Drugs that particularly target mtROS have been developed to address these problems. Mito Vit-E was the first targeted scavenger that was developed for mtROS, and it was generated by covalently attaching the triphenylphosphonium cation to Vit-E. It has been shown to decrease the ROS production and apoptosis in the endothelial cells. However, Mito Vit-E was not effective against hypoxic-ischemic striatal injuries in rat models.
MitoQ10 was the second scavenger developed for mtROS. It was generated by covalently attaching the lipophilic triphenylphosphonium cation to a ubiquinone derivative through an aliphatic linker. MitoQ10 has been shown to decrease ROS in mitochondria, and its effectiveness has been proven in the rodent models of cardiac ischemia and reperfusion injury.
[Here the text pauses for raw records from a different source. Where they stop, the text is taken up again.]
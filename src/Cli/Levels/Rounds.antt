-- ===== src/Cli/Levels/Rounds.antt =====
-- The rule for the loop of `levels`: what each round keeps holds of the plan, and the fuel is enough.
use kiry.Base.{
  ℕ, zero, suc, ◌+◌, ◌≤◌, ◌<◌, ◌≡◌, refl, ap, inl, inr, List, [], ◌∷◌, ◌++◌, map, Bool, true, false,
  not, ◌&&◌, nat_eq, nat_beq_iff, keep, contains, length, arith, Bool-cases, contains-append,
  contains-keep, length-keep-lt, length-keep_all,
}
use kiry.Base.Text.{Str}
use kiry.Cli.Levels.{
  Planned, ordered, cycle, ready, starters, waits, without, level_of, before, round, loop,
}

contains_head : (i : ℕ) (is : List ℕ) → contains (i ∷ is) i ≡ true
contains_head i is = ground (arith, (nat_beq_iff i i).1 refl)

module _ (needs : ℕ → ℕ → Bool) (boots : ℕ → Bool) where
  -- How many rounds may still come.
  abbrev pub measure : List ℕ → List ℕ → ℕ
  measure left done = length left + length (keep (λ i. not (contains done i)) left)

  ready-left :
      (left done : List ℕ) (i : ℕ) (now : List ℕ)
      → ready needs boots left done ≡ i ∷ now
      → contains left i ≡ true
  unfolding ready
  ready-left left done i now e = ground (
    arith,
    contains-keep (λ j. not (waits needs boots left done j)) left i,
    contains_head i now,
    ap (λ xs. contains xs i) e,
  )

  starters-left :
      (left done : List ℕ) (i : ℕ) (boot : List ℕ)
      → starters needs boots left done ≡ i ∷ boot
      → (contains left i ≡ true) × (contains done i ≡ false)
  unfolding starters
  starters-left left done i boot e =
      let kept = contains-keep (λ j. not (contains done j) && boots j) left i in
      let here = contains_head i boot in
      let same = ap (λ xs. contains xs i) e in
      (ground (arith, kept, here, same), ground (arith, kept, here, same))

  without-measure :
      (left done : List ℕ) (i : ℕ) (now : List ℕ)
      → contains left i ≡ true
      → measure (without needs boots left (i ∷ now)) done < measure left done
  unfolding without
  without-measure left done i now m =
      let less =
        length-keep-lt (λ j. not (contains (i ∷ now) j)) (λ _. true) left i (λ x h. refl) m
          (ap not (contains_head i now)) refl in
      let fewer =
        keep-keep_le (λ j. not (contains done j)) (λ j. not (contains (i ∷ now) j)) left in
      omega (arith, less, fewer, length-keep_all left)
    where
      keep-keep_le :
          (p q : ℕ → Bool) (xs : List ℕ) → length (keep p (keep q xs)) ≤ length (keep p xs)
      keep-keep_le p q [] = omega arith
      keep-keep_le p q (x ∷ xs) = elim (Bool-cases (q x)) [
        | inl here ↦ elim (Bool-cases (p x)) [
          | inl both ↦ ground (arith, here, both, keep-keep_le p q xs)
          | inr one ↦ ground (arith, here, one, keep-keep_le p q xs)
        ]
        | inr stopped ↦ elim (Bool-cases (p x)) [
          | inl both ↦ ground (arith, stopped, both, keep-keep_le p q xs)
          | inr one ↦ ground (arith, stopped, one, keep-keep_le p q xs)
        ]
      ]

  started-measure :
      (left done : List ℕ) (i : ℕ) (boot : List ℕ)
      → contains left i ≡ true
      → contains done i ≡ false
      → measure left (done ++ (i ∷ boot)) < measure left done
  started-measure left done i boot m fresh =
      let less =
        length-keep-lt (λ j. not (contains (done ++ (i ∷ boot)) j)) (λ j. not (contains done j))
          left i (λ x h. ground (arith, contains-append done (i ∷ boot) x)) m
          (ground (arith, contains-append done (i ∷ boot) i, contains_head i boot))
          (ap not fresh) in
      omega (arith, less)

  module _ (name_of : ℕ → Str) (Q : List ℕ → List ℕ → Planned → Type 0)
      (at_end : (done : List ℕ) → Q [] done (ordered []))
      (built : (left done : List ℕ) (i : ℕ) (now : List ℕ) (r : Planned)
        → ready needs boots left done ≡ i ∷ now
        → Q (without needs boots left (i ∷ now)) done r
        → Q left done (before needs boots (level_of needs boots false (i ∷ now)) r))
      (started : (left done : List ℕ) (i : ℕ) (boot : List ℕ) (r : Planned)
        → starters needs boots left done ≡ i ∷ boot
        → Q left (done ++ (i ∷ boot)) r
        → Q left done (before needs boots (level_of needs boots true (i ∷ boot)) r))
      (stuck : (i : ℕ) (left done : List ℕ)
        → ready needs boots (i ∷ left) done ≡ []
        → starters needs boots (i ∷ left) done ≡ []
        → Q (i ∷ left) done (cycle (map name_of (i ∷ left)))) where
    round-Q :
        (fuel : ℕ) (k : ℕ) (left done now boot : List ℕ)
        → ((left' done' : List ℕ)
            → measure left' done' ≤ fuel
            → Q left' done' (loop needs boots name_of fuel left' done'))
        → measure (k ∷ left) done ≤ suc fuel
        → ready needs boots (k ∷ left) done ≡ now
        → starters needs boots (k ∷ left) done ≡ boot
        → Q
            (k ∷ left)
            done
            (round needs boots name_of (loop needs boots name_of fuel) (k ∷ left) done now boot)
    unfolding round
    round-Q fuel k left done (i ∷ now) boot ih few e f =
        let less = without-measure (k ∷ left) done i now (ready-left (k ∷ left) done i now e) in
        built (k ∷ left) done i now _ e
          (ih (without needs boots (k ∷ left) (i ∷ now)) done (omega (arith, less, few)))
    round-Q fuel k left done [] (i ∷ boot) ih few e f =
        let (m, fresh) = starters-left (k ∷ left) done i boot f in
        let less = started-measure (k ∷ left) done i boot m fresh in
        started (k ∷ left) done i boot _ f
          (ih (k ∷ left) (done ++ (i ∷ boot)) (omega (arith, less, few)))
    round-Q fuel k left done [] [] ih few e f = stuck k left done e f

    -- With fuel for as many rounds as may come, what the rounds keep holds of the result.
    pub loop-Q :
        (fuel : ℕ) (left done : List ℕ)
        → measure left done ≤ fuel
        → Q left done (loop needs boots name_of fuel left done)
    unfolding loop
    loop-Q fuel [] done few = at_end done
    loop-Q zero (k ∷ left) done few = absurd (omega (arith, few))
    loop-Q (suc fuel) (k ∷ left) done few =
        round-Q fuel k left done (ready needs boots (k ∷ left) done)
          (starters needs boots (k ∷ left) done) (loop-Q fuel) few refl refl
SkQ1 is an alternate compound for MitoQ10. SkQ1 has been shown to reduce ischemia-induced arrhythmia and infarct size in rats, when used at a concentration 1 million-fold lower than that of the MitoQ. Clinical studies for SkQ1 are still ongoing.
In summary, oxidative stress could lead to a number of diseases. Antioxidants have been extensively studied for the prevention and treatment of these diseases, but many clinical trials have failed to explain the therapeutic potential of antioxidants.
One possibility might be that only small proportions of antioxidants are actually located inside the mitochondria. Since the mtROS play a key role in inducing cytokine production, targeting mtROS might be a novel therapy for the treatment of many inflammatory diseases. Further characterization of mtROS and their role in inflammatory diseases needs to be performed for the development of novel, effective drugs.